Sans argent, il assassine Chardon, un ancien camarade de prison, ainsi que sa mère qui loge passage du Cheval-Rouge à Paris, avec l’aide d’un complice nommé Avril. Ayant épuisé rapidement l’argent du crime, Lacenaire se décide à commettre un nouveau forfait. Le 31 décembre 1834 et avec l’aide de François, il tente ainsi d’égorger le dénommé Genevay, garçon de recettes d’une banque parisienne qui s’en retournait de sa tournée. Attiré par les deux malfaiteurs, dans la cour située au n°36 de la rue Marie Stuart, située entre la rue Montorgueil et la rue Dussoubs, celui-ci parvient cependant à s’échapper. Après l’échec de cette deuxième tentative, Lacenaire fuie alors la capitale afin de se réfugier à Lyon. Sur le chemin cependant, il est arrêté à Beaune, le 2 février 1835, sous le nom de Jacob Lévy, le meurtrier se prétendant négociant en voyage.

Inculpé de faux en écriture par la rédaction de lettres de change falsifiées, Pierre-François Lacenaire est bientôt identifié par le policier Canler, la confrontation avec un témoin révélant sa véritable identité. L’escroc devenu criminel est alors transféré à Paris et détenu à la Conciergerie, en attendant l’ouverture du procès aux Assises de la Seine. Celui-ci, pendant lequel Lacenaire est jugé en même temps que ses complices, se déroule du 12 au 14 novembre suivant. Lacenaire et Avril sont alors condamnés à mort, François voyant sa peine commuée en travaux forcés à perpétuité.

Le procès cependant est suivi avec passion par l’opinion publique. En effet, à l’ouverture de la première audience apparaît devant l’auditoire qui assiste aux débats un jeune homme à la fine moustache, vêtu avec élégance d’un redingote bleue à col de velours et qui s’exprime bientôt avec aisance. Il tranche alors avec le public habituel des cours d’Assises auquel appartiennent ses deux complices, l’un ouvrier parqueteur et l’autre menuisier, mais tous deux figures grossières et sans éducation du peuple des classes laborieuses. Lacenaire s’emploie alors à démontrer la culpabilité d’Avril et de François qui n’ont pas hésité à le dénoncer. Le dandy pour sa part ne craint pas la peine capitale, il prend d’ailleurs la place de l’avocat général en s’accusant également des crimes commis. Son cynisme scandalise et fascine le public bourgeois qui se presse bientôt dans l’enceinte du prétoire afin d’entendre et de voir Pierre-François Lacenaire.
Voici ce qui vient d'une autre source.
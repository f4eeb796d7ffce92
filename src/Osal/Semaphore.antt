-- ===== src/Osal/Semaphore.antt =====
-- `semaphore_state_t` of common/osal/src/posix_osal.c with its operations. A result of 0 is `true`.
pub mod Count
use mathlib.Core.Option
use wl_hosted_core.Prelude.{
  ℕ, ◌+◌, ◌-◌, Bool, true, false, ◌||◌, List, Option, none, some, ltb, ◌==◌, if◌then◌else◌,
}
use wl_hosted_core.Prelude.Word.{u32}
use wl_hosted_core.Osal.Wait.{
  deadline_for_timeout, LockAttempt, lock_with_timeout, Wake, await, under_lock,
}

pub record SemaphoreState : Type 0 where
  pub count : ℕ
  pub maximum : ℕ

-- `ready` says whether the mutex and the condition could be made.
unfoldable pub os_semaphore_create : Bool → ℕ → ℕ → Option SemaphoreState
os_semaphore_create ready initial_count maximum_count =
    if maximum_count == 0 || ltb maximum_count initial_count
    then none
    else if ready
    then some (record { count = initial_count; maximum = maximum_count })
    else none

-- Behind the wait.
unfoldable pub take_count : Bool × SemaphoreState → Bool × SemaphoreState
take_count (true, s) = (true, record s { count = s.count - 1 })
take_count (false, s) = (false, s)

unfoldable pub os_semaphore_take :
    ℕ
    → List LockAttempt
    → List (Wake SemaphoreState)
    → ℕ
    → SemaphoreState
    → Option (Bool × SemaphoreState)
unfolding under_lock take_count await lock_with_timeout deadline_for_timeout
os_semaphore_take clock attempts wakes timeout_ms s =
    let deadline = deadline_for_timeout clock timeout_ms in
    under_lock (lock_with_timeout timeout_ms deadline attempts) (false, s)
      (Option.map take_count
        (await (λ (t : SemaphoreState). t.count == 0) timeout_ms deadline wakes s))

-- `locked` says whether `pthread_mutex_lock` returns 0.
unfoldable pub os_semaphore_give : Bool → SemaphoreState → Bool × SemaphoreState
os_semaphore_give locked s =
    if locked
    then (if s.count == s.maximum
        then (false, s)
        else (true, record s { count = u32 (s.count + 1) }))
    else (false, s)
Après sa condamnation et en attendant l’exécution, Lacenaire s’occupe à rédiger ses mémoires, bien éloigné des tourments du remord. Ayant entamé une copieuse correspondance, il reçoit également dans sa cellule la haute société parisienne qui vient solliciter des autographes. Le condamné commente alors l’actualité en compagnie de ceux, hommes d’Église et politiciens, savants ou journaliste, qui sollicitent du criminel un entretien. Le vaudevilliste Jacques Arago publiera ainsi le récit de ses conversations, intitulé Lacenaire après sa condamnation. Pendant ces quelques semaines, la Conciergerie se transforme en un lieu de mondanités tandis que le destin du " bandit lettré " est bientôt le sujet des conversations à Paris et en Province.

Pierre-François Lacenaire est guillotiné le 9 janvier 1836, au petit matin, à la barrière Saint-Jacques, après s’être refusé à recevoir les prières de l’aumônier. Sa mort est, elle aussi, le sujet d’un scandale, le Garde des Sceaux intervenant personnellement afin d’affirmer dans La Gazette des Tribunaux que le criminel n’a pas su affronté l’échafaud sans trembler, montrant ainsi sa repentance. La censure de la Monarchie de Juillet frappent également les Mémoires, révélations et poésies de Lacenaire écrits par lui-même, à la Conciergerie dont le texte publié quelques mois plus tard est expurgé. Pierre-François Lacenaire y évoque ainsi les motivations de sa " vengeance " à l’égard d’une société qui n’a, selon lui, pas su lui donner la place qui lui revenait. L’ouvrage donnera néanmoins corps au mythe qui vient de naître.